Make mine a … eh, what does it matter? If the options don’t all come from the same place, they might soon.
AB InBev, the world’s largest beer maker, said Wednesday that it will approach SABMiller, the world’s second-largest beer maker, with an offer to buy the company. It’s unclear what the deal would be worth, though AB InBev had $47 billion in revenue in 2014, while SABMiller brought in $22.1 billion in a fiscal year that ended in March. Moreover, the deal would bring all of the following brands together under one roof: Bud, Bud Light, Corona, Michelob, Stella Artois, Becks, Hoegaarden, Leffe, Coors, Coors Light, Grolsch, Icehouse, Keystone, Milwaukee’s Best, Blue Moon, Foster’s, Pilsner Urquell, Peroni, Miller Lite, and of course the champagne of beers, High Life. And that’s only a partial list.
Rumors about further consolidation in the beer industry have been swirling, like so many unfiltered particles in a fermentation tank, for years. Bloomberg reports:
The acquisition of SABMiller would be the biggest in the industry’s history and cap more than a decade of consolidation across brewing companies. A potential combination of the beermakers had been seen as likely for years as they have limited geographical overlap and are not controlled by a family foundation like their main competitors, Heineken NV and Carlsberg A/S.
The companies control a complicated patchwork of market dominance—for example, SAB Miller is particularly strong in Africa. The two companies both have strong sales in Latin America, but not always in the same countries.
Market reaction to the idea was positive—stock in both companies rose—but there are questions about whether regulators would approve a merger without some serious strings attached. Because the two companies are so large, officials in both the U.S. and Europe might force the combined behemoth to sell off certain assets to avoid antitrust concerns.
For any red-blooded, blue-collared, or bleary-eyed American, there’s a momentous symbolism to the idea of Miller and Anheuser-Busch merging: the two great giants of U.S. beer, no longer in competition. A regal Midwestern marriage of the two leading cities of American mass-market beer, St. Louis and Milwaukee. But symbolism is all there is to it. AB InBev was formed when the Belgian-Brazilian InBev bought Anheuser-Busch in 2009, and the company is based in Belgium. SABMiller—the “SAB” stands for South African Breweries—bought Miller in 2002, and is based in London.
Consolidation is the order of the day in the booze industry, and economic slowdowns in Brazil and China, which have driven a great deal of beer-market expansion in recent years, are said to have accelerated this merger. The results of earlier mergers have been celebrated by the market, but not always by beer drinkers, who complain of changes to their favorite swill, and not for the better. In 2012, BusinessWeek reported on “the plot against American beer.”

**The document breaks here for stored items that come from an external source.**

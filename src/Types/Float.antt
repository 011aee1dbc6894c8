-- ===== src/Types/Float.antt =====
-- float64 as the program compares it. A finite value is given by the integer that it is a multiple
-- of 2^-1074 by, which is exact; the two zeros are one value, as in every comparison.
use margin_offer_system.Base.{
  ℕ, zero, suc, ◌^◌, ◌*◌, ◌/◌, ◌%◌, ◌+◌, ◌-◌, Bool, true, false, not, eqb, ltb, if◌then◌else◌,
}
use margin_offer_system.Base.Int.{ℤ, pos, ltb_ℤ}

pub data Float64 : Type 0 where
  nan neg_inf pos_inf : Float64
  finite : ℤ → Float64

-- `a < b`
abbrev pub lt : Float64 → Float64 → Bool
lt nan b = false
lt a nan = false
lt (finite a) (finite b) = ltb_ℤ a b
lt neg_inf neg_inf = false
lt neg_inf b = true
lt pos_inf b = false
lt (finite a) neg_inf = false
lt (finite a) pos_inf = true

-- `a <= b`
abbrev pub le : Float64 → Float64 → Bool
le nan b = false
le a nan = false
le (finite a) (finite b) = not (ltb_ℤ b a)
le neg_inf b = true
le pos_inf pos_inf = true
le pos_inf b = false
le (finite a) neg_inf = false
le (finite a) pos_inf = true

abbrev pub zero_float : Float64
zero_float = finite (pos 0)

-- The number of steps of 2^-1074 in 1.
unfoldable pub unit_in_the_last_place : ℕ
unit_in_the_last_place = 2 ^ 1074

unfoldable pub one_float : Float64
unfolding unit_in_the_last_place
one_float = finite (pos unit_in_the_last_place)

-- The number of binary digits, on as much fuel as digits are counted.
unfoldable pub digits : ℕ → ℕ → ℕ
digits zero n = 0
digits (suc fuel) n = let rest = digits fuel (n / 2) in if eqb n 0 then 0 else suc rest

-- The natural number nearest to a fraction, the even one of two.
unfoldable pub nearest : ℕ → ℕ → ℕ
nearest a b =
    if ltb (2 * (a % b)) b
    then a / b
    else if ltb b (2 * (a % b))
    then suc (a / b)
    else a / b + (a / b) % 2

-- A fraction of steps rounded to 53 binary digits, as a whole number of steps if it is at least 1.
-- The fuel is enough for a fraction below 2^1400.
unfoldable pub rounded : ℕ → ℕ → ℕ
unfolding digits nearest
rounded a b = let shift = 2 ^ (digits 1400 (a / b) - 53) in nearest a (b * shift) * shift

-- `float64(a) / b` for an unsigned word and a positive constant: rounded twice.
unfoldable pub word_over : ℕ → ℕ → Float64
unfolding rounded unit_in_the_last_place
word_over a b = finite (pos (rounded (rounded (a * unit_in_the_last_place) 1) b))

-- The float64 of a natural number below 2^53.
unfoldable pub whole : ℕ → Float64
unfolding unit_in_the_last_place
whole n = finite (pos (n * unit_in_the_last_place))

abbrev pub IsNumber : Float64 → Type 0
IsNumber nan = ⊥
IsNumber x = Unit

The consolidation trend extends to craft breweries. While the raw number of craft breweries continues to grow, the big conglomerates have started snapping up the most successful of them. Just last week, Lagunitas sold a 50 percent share to Heineken, the world’s third-largest beer maker. In 2011, AB InBev’s purchase of the beloved Chicago craft brewer Goose Island brought out the Chicken Littles, who were convinced it was a death knell for Honker’s Ale. But as Jordan Weissmann notes, Goose Island’s beer has remained pretty good.
If you’re a Keystone fan, however, you’re not probably not too worried about that sort of thing. So if the market’s up, bottoms up!